The S&P 500 is set to record its third consecutive year in the green, largely in sympathy with the phenomenal run that AI stocks have seen. However, in recent times, there have been tentative moves to express concerns over the possibility of forming a bubble in the AI sector.
There is no denying the fact that the valuation of many companies with a focus on AI, as well as the overall market, has increased considerably in this bull run. However, some quality companies are still available in the market at a reasonable price, provided one looks at the current situation from a long-term perspective. The prospects for the AI industry are extremely positive, given the fact that the entire market is forecasted to touch trillions of dollars in the coming years. Leading tech giants are witnessing a strong demand for products/services enabled by AI.

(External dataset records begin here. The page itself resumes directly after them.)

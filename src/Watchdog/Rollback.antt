-- ===== src/Watchdog/Rollback.antt =====
-- `ExecuteRollback` of watchdog.go: what it restores, and what it leaves behind.
use mathlib.Core.List.{
  Mem, mem-cons, mem-cons_self, mem-cons_of_mem, mem-append_left, not-mem-nil, Mem-prop,
}
use mathlib.Core.Path.{subst}
use mathlib.Core.Logic.Or
use text.Mathlib.Text.{◌==◌ as str_eq}
use text.Mathlib.TextEquality.{eq_iff}
use beryl7_ai_agent.Base.{
  ◌≡◌, ◌≢◌, refl, ◌∙◌, ap, String, true, Option, some, List, [], ◌∷◌, ◌++◌, length, ltb, Bool-cases,
  inl, inr, arith,
}
use beryl7_ai_agent.Base.Int.{pos}
use beryl7_ai_agent.Watchdog.{
  Settings, Body, Checkpoint, Contents, json, Watchdog, System, uci_set, set_all, restore,
  execute_rollback, new_watchdog, reload, default_settings, save_checkpoint,
}
use beryl7_ai_agent.Watchdog.Persistence.{load-save}
use beryl7_ai_agent.Watchdog.SafeMode.{record_all, safe_mode-record_all}

set_all-mem :
    (config : Settings) (k v : String)
    → k ≢ ""
    → Mem (k, v) config
    → Mem (uci_set (k, v)) (set_all config)
unfolding set_all
set_all-mem [] k v ne m = absurd (not-mem-nil m)
set_all-mem ((j, u) ∷ rest) k v ne m =
    let ih = set_all-mem rest k v ne in
    elim (Bool-cases (str_eq j "")) [
      | inl e ↦ rw e (
          Or.elim Mem-prop (mem-cons.0 m)
            (λ p. absurd (ne (ap (λ (q : String × String). q.0) p ∙ (eq_iff j "").0 e))) ih)
      | inr e ↦ rw e (
          Or.elim Mem-prop (mem-cons.0 m)
            (λ p. subst (λ q. Mem (uci_set (k, v)) (uci_set q ∷ set_all rest)) p mem-cons_self)
            (λ h. mem-cons_of_mem _ (ih h)))
    ]

module _ (digest : Body → String) where
  -- After a rollback whose checkpoint is saved, safe mode outlives a restart: the new watchdog is in
  -- safe mode, and stays there until its fifth successful health check, whatever the state before.
  pub safe_mode-rollback :
      (sys : System) (w : Watchdog) (disk : Option Contents) (checks : List System)
      → sys.write_ok ≡ true
      → sys.rename_ok ≡ true
      → let disk' = (execute_rollback digest sys w disk).2 in
        (record_all digest checks (new_watchdog digest disk', disk')).0.safe_mode
        ≡ ltb (length checks) 5
  unfolding execute_rollback
  safe_mode-rollback sys w disk checks a b =
      let w' : Watchdog = record w { safe_mode = true; checks = pos 0 } in
      let (_, on, none_yet) = load-save digest sys default_settings w' disk a b in
      let disk' = (save_checkpoint digest sys default_settings w' disk).1 in
      safe_mode-record_all digest checks (new_watchdog digest disk') disk' 0 on none_yet
        (omega arith)
      ∙ ap (λ n. ltb n 5) (omega arith)

  -- A rollback from a checkpoint with settings sets each of them that has a name.
  pub rollback-sets :
      (sys : System) (w : Watchdog) (cp : Checkpoint) (k v : String)
      → k ≢ ""
      → Mem (k, v) cp.config_snapshot
      → Mem (uci_set (k, v)) (execute_rollback digest sys w (some (json cp))).0
  unfolding execute_rollback restore
  rollback-sets sys w cp k v ne m = in_settings cp.config_snapshot refl
    where
      in_settings :
          (config : Settings)
          → cp.config_snapshot ≡ config
          → Mem (uci_set (k, v)) (restore sys (some (json cp)) ++ reload sys)
      in_settings [] e = absurd (not-mem-nil (subst (Mem (k, v)) e m))
      in_settings (c ∷ rest) e =
          rw (e, restore) (mem-append_left (reload sys) (set_all-mem cp.config_snapshot k v ne m))

  -- A rollback whose checkpoint is saved replaces the settings on the disk by the three defaults: a
  -- second rollback sets those, whatever the checkpoint held before the first.
  pub rollback_again :
      (sys sys' : System) (w w' : Watchdog) (disk : Option Contents)
      → sys.write_ok ≡ true
      → sys.rename_ok ≡ true
      → (execute_rollback digest sys' w' (execute_rollback digest sys w disk).2).0
        ≡ set_all default_settings ++ reload sys'
  unfolding execute_rollback save_checkpoint restore
  rollback_again sys sys' w w' disk a b = rw (a, b)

Amongst investors searching for stability alongside growth, what’s most crucial is which companies are resistant to both stock market corrections as well as economic instability. Underneath are three proven leaders in AI technology whom I wouldn’t be apprehensive to own even after a significant stock market crash.
1. Nvidia
As far as artificial intelligence computing is concerned, Nvidia (NASDAQ: NVDA) is an unchallenged leader, and while one may view this as a problem if artificial intelligence expenditures decline, it’s a big plus for a fund or investing strategy that focuses on defense. The company makes the best artificial intelligence computing chips and has comprehensive artificial intelligence computing solutions.
Its clients comprise some of the most well-funded firms globally, for example, Microsoft and Amazon, which serves as an added stabilizing factor because if any pull back is expected to happen regarding investment in AI, smaller or less diversified firms are likely to be affected before the industry giant, Nvidia.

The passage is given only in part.